|Source: AP Photo
At the heart of our galaxy an estimated 26,700 light years from Earth lies a supergiant black hole massing over 4 million times that of our Sun, but compressed to a sphere just 12.5 million miles wide, approximately one-third the distance between our home star and the orbit of Mercury.
As celestial objects are drawn to the implacable gravity well of the monstrous black hole — a very bright and super-small astronomical radio source normally referred to by astronomers as ‘Sagittarius A*' — they are drawn in, although some orbits are profoundly elliptical, resulting in the body glancing off the so-called event horizon (the point at which not even light can escape).
The process of swinging past a black hole accelerates a celestial body to fantastic velocities, now shown to be a significant fraction of the speed of light.
As the motions of many stars orbiting Sagittarius A* have been documented visually using telescopes on a mountaintop in South America, one in particular, known colloquially as S2, has an orbit lasting the equivalent of just 16 earth years, causing it to brush above the black hole's event horizon at some 11 billion miles — just a little farther out than the current distance between our Sun and Voyager I (humanity's first interstellar starcraft).
But objects like dust clouds — moving much closer to a black hole — are agitated in their rush past the gravitational monster, consequently becoming the shiniest continuous light sources in the known Universe.
By carefully observing the visual light signatures of those objects spinning past the Milky Way's giant black hole, astronomers — using an instrument called GRAVITY that combines light from four large telescopes that are themselves part of the spectacular Very Large Telescope in Atacama, Chile — have, over the course of 2018, gleefully noted sudden bright flares emanating from very close to the supermassive object.

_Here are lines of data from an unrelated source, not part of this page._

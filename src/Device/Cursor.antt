-- ===== src/Device/Cursor.antt =====
-- device/cursor.rs: the cursor. A call runs in the cursor beside the world of its device. Where the
-- source puts a position into a message, the model has the message without the number.
pub mod Laws
use zoned.Base.{
  ℕ, suc, ◌+◌, ◌%◌, Option, none, some, List, ◌==◌, if◌then◌else◌, add_u64, checked_add,
  checked_sub, ℤ, pos, negsuc,
}
use zoned.Errors.{
  Io, IoError, custom, wrapped, invalid_input, unsupported, ok, fail, return, map_err, ◌>>=◌, ◌>>◌,
  and_then,
}
use zoned.Types.{Sector, sector_size, to_bytes, from_bytes}
use zoned.Device.{ZonedDevice, Zio, read_at, write_at, fsync}

pub record Cursor (W : Type 0) : Type 0 where
  pub device : ZonedDevice W
  pub position : ℕ

-- std::io::SeekFrom.
pub data SeekFrom : Type 0 where
  start : ℕ → SeekFrom
  current : ℤ → SeekFrom
  end : ℤ → SeekFrom

abbrev pub Cio : Type 0 → Type 0 → Type 0
Cio W A = Io (Cursor W × W) IoError A

-- The errors of `seek`.
abbrev pub seek_overflow : IoError
seek_overflow = custom invalid_input "seek overflow"

abbrev pub seek_underflow : IoError
seek_underflow = custom invalid_input "seek before start of device"

abbrev pub seek_unaligned : IoError
seek_unaligned = custom invalid_input "seek position is not sector-aligned"

module _ {W : Type 0} where
  pub new : ZonedDevice W → Cursor W
  new d = record { device = d; position = 0 }

  -- `ZonedDevice::cursor` and `ZonedDevice::cursor_at`.
  pub cursor : ZonedDevice W → Cursor W
  cursor d = new d

  pub at_sector : ZonedDevice W → Sector → Cursor W
  unfolding to_bytes
  at_sector d sector = record { device = d; position = to_bytes sector }

  pub cursor_at : ZonedDevice W → Sector → Cursor W
  cursor_at d sector = at_sector d sector

  pub sector_position : Cursor W → Option Sector
  unfolding from_bytes
  sector_position c = from_bytes c.position

  -- `Sector::from_bytes(self.position).ok_or_else(…)`.
  aligned : Option Sector → Cio W Sector
  aligned none = fail (custom invalid_input "cursor position is not sector-aligned")
  aligned (some sector) = return sector

  -- A call on the cursor's device leaves the cursor as it is; its error is wrapped.
  abbrev on_device : {A : Type 0} → (ZonedDevice W → Zio W A) → Cio W A
  on_device f (c, w) = let (r, w') = map_err wrapped (f c.device) w in (r, (c, w'))

  -- `self.position += n`, and `self.position = new_pos`.
  abbrev advance : ℕ → Cio W (Unit {0})
  advance n (c, w) = (ok tt, (record c { position = add_u64 c.position n }, w))

  abbrev set_position : ℕ → Cio W ℕ
  set_position p (c, w) = (ok p, (record c { position = p }, w))

  pub read : List ℕ → Cio W (ℕ × List ℕ)
  unfolding aligned sector_position
  read buf (c, w) =
      (do
        sector ← aligned (sector_position c)
        (n, buf') ← on_device (λ d. read_at d sector buf)
        advance n
        return (n, buf'))
        (c, w)

  pub write : List ℕ → Cio W ℕ
  unfolding aligned sector_position
  write buf (c, w) =
      (do
        sector ← aligned (sector_position c)
        n ← on_device (λ d. write_at d sector buf)
        advance n
        return n)
        (c, w)

  pub flush : Cio W (Unit {0})
  flush = on_device fsync

  in_range : Option ℕ → IoError → Cio W ℕ
  in_range none e = fail e
  in_range (some p) e = return p

  -- The `match` of `seek` on the kind of position. (A release build negates i64::MIN to itself,
  -- which as u64 is its absolute value.)
  target : SeekFrom → ℕ → Cio W ℕ
  unfolding in_range
  target (start offset) position = return offset
  target (current (pos n)) position = in_range (checked_add position n) seek_overflow
  target (current (negsuc n)) position = in_range (checked_sub position (suc n)) seek_underflow
  target (end _) position = fail (
      custom unsupported
        "SeekFrom::End is not supported for block devices (unknown size at this layer)")

  pub seek : SeekFrom → Cio W ℕ
  unfolding target
  seek from (c, w) =
      (do
        new_pos ← target from c.position
        if new_pos % sector_size == 0 then set_position new_pos else fail seek_unaligned)
        (c, w)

As observations of the flares were shown to be in the infrared spectrum, astronomers deduced that superheated dust orbiting the black hole and interacting with a magnetic field was causing so-called field lines of momentum, mass and energy to converge, become tangled and then suddenly snap, releasing enormous amounts of explosive energy in an instant.
In measuring the position of agitated dust over several months, astronomers learned that a handful of superheated dust flares moving close to the black hole were actually the same object, moving in a single orbit.
And they are moving phenomenally fast.
Traveling just 62 million miles above the face of Sagittarius A* — about two-thirds the distance between the Earth and the Sun — the superheated dust clouds are moving at approximately 30 percent of the speed of light, or about 186 million miles per hour.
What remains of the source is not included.